··· PROVIDED INFORMATION

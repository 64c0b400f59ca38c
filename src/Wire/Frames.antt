-- ===== src/Wire/Frames.antt =====
-- wire.go: what a frame is made of, and that it is read back.
use text.Mathlib.Text.{◌==◌ as str_eq}
use thalovant_go_sdk.Prelude.{
  ℕ, ◌≤◌, ◌<◌, Bool, true, false, Option, none, some, String, List, [], ◌∷◌, ◌++◌, ◌≡◌, refl, arith,
  ◌==◌, ltb, is_some, if◌then◌else◌, length, All,
}
use thalovant_go_sdk.Noise.{Bytes}
use thalovant_go_sdk.FrameBits.{ok, BitReader}
use thalovant_go_sdk.Wire.{
  Codecs, Object, hive_type_to_int, entry, type_name, decode_wire_text, read_version, decode_body,
  decode_hive_binary_frame, unmarshalled,
}
use thalovant_go_sdk.FrameBits.Bits.{bits, stream, padding}
use thalovant_go_sdk.FrameBits.Stream.{
  IsByte, Reads, Yields, read_bit-Yields, read_byte-Yields, read_five-Yields, read_bytes-Yields,
  skip_left_padding-Reads,
}

-- The version bits: a clear bit, or a set one and the version.
unfoldable pub version_bits : Option ℕ → List ℕ
version_bits none = 0 ∷ []
version_bits (some v) = 1 ∷ bits 8 v

unfoldable pub IsVersion : Option ℕ → Type 0
IsVersion none = Unit
IsVersion (some v) = v ≤ 1

unfoldable pub flag_bit : Bool → ℕ
flag_bit true = 1
flag_bit false = 0

-- A frame as bits: padding up to a set bit, the version, the type, whether it is compressed, the
-- metadata under its length, and the rest.
unfoldable pub frame_bits : ℕ → Option ℕ → ℕ → Bool → Bytes → List ℕ → List ℕ
frame_bits k version type_id compressed metadata rest =
    padding k
    ++ (1
        ∷ (version_bits version
            ++ (bits 5 type_id
                ++ (flag_bit compressed
                    ∷ (bits 8 (length metadata) ++ (stream metadata ++ rest))))))

-- The name that a type has after its way over the wire.
unfoldable pub wire_name : String → String
wire_name msg_type =
    if str_eq msg_type "handshake"
    then "shake"
    else if is_some (entry hive_type_to_int msg_type)
    then msg_type
    else "3rdparty"

flag_bit_lem : (b : Bool) → (flag_bit b == 1) ≡ b
unfolding flag_bit
flag_bit_lem true = refl
flag_bit_lem false = refl

module _ {V : Type 0} (c : Codecs V) where
  read_version-Reads :
      (version : Option ℕ) (r : BitReader) (xs : List ℕ)
      → IsVersion version
      → Reads r (version_bits version ++ xs)
      → (r' : BitReader) × (read_version c r ≡ ok r') × Reads r' xs
  unfolding read_version version_bits Yields IsVersion
  read_version-Reads none r xs l h =
      let (r', e, h') = read_bit-Yields r 0 xs h in (r', rw e refl, h')
  read_version-Reads (some v) r xs l h =
      let (r', e, h') = read_bit-Yields r 1 (bits 8 v ++ xs) h in
      let (r'', e', h'') = read_byte-Yields v r' xs (omega arith) h' in
      let low : ltb 1 v ≡ false = ground arith in (r'', rw (e, e', low) refl, h'')

  -- A frame is read up to its metadata, and what follows is left to its type.
  pub decode_frame_bits :
      (p : Bytes) (k : ℕ) (version : Option ℕ) (type_id : ℕ) (compressed : Bool) (metadata : Bytes)
      (rest : List ℕ) (text : Bytes) (object : Option (Object V))
      → stream p ≡ frame_bits k version type_id compressed metadata rest
      → IsVersion version
      → type_id < 32
      → length metadata ≤ 255
      → All IsByte metadata
      → decode_wire_text c metadata compressed ≡ ok text
      → unmarshalled c text ≡ ok object
      → (r : BitReader) × (decode_hive_binary_frame c p
          ≡ decode_body c (type_name type_id) compressed object r)
        × Reads r rest
  unfolding decode_hive_binary_frame frame_bits Yields
  decode_frame_bits p k version type_id compressed metadata rest text object e v t l all d u =
      let (r1, e1, h1) = skip_left_padding-Reads p k _ e in
      let (r2, e2, h2) = read_version-Reads version r1 _ v h1 in
      let (r3, e3, h3) = read_five-Yields type_id r2 _ t h2 in
      let (r4, e4, h4) = read_bit-Yields r3 (flag_bit compressed) _ h3 in
      let (r5, e5, h5) = read_byte-Yields (length metadata) r4 _ (omega arith) h4 in
      let (r6, e6, h6) = read_bytes-Yields metadata r5 rest all h5 in
      (r6, rw (e1, e2, e3, e4, e5, e6, flag_bit_lem compressed, d, u) refl, h6)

······

* [TRY IT]:
Working from the entries above, find every line in which the word "none" occurs and copy it.

* [THE ANSWER]:
  ℕ, ◌≤◌, ◌<◌, Bool, true, false, Option, none, some, String, List, [], ◌∷◌, ◌++◌, ◌≡◌, refl, arith,
version_bits none = 0 ∷ []
IsVersion none = Unit
  read_version-Reads none r xs l h =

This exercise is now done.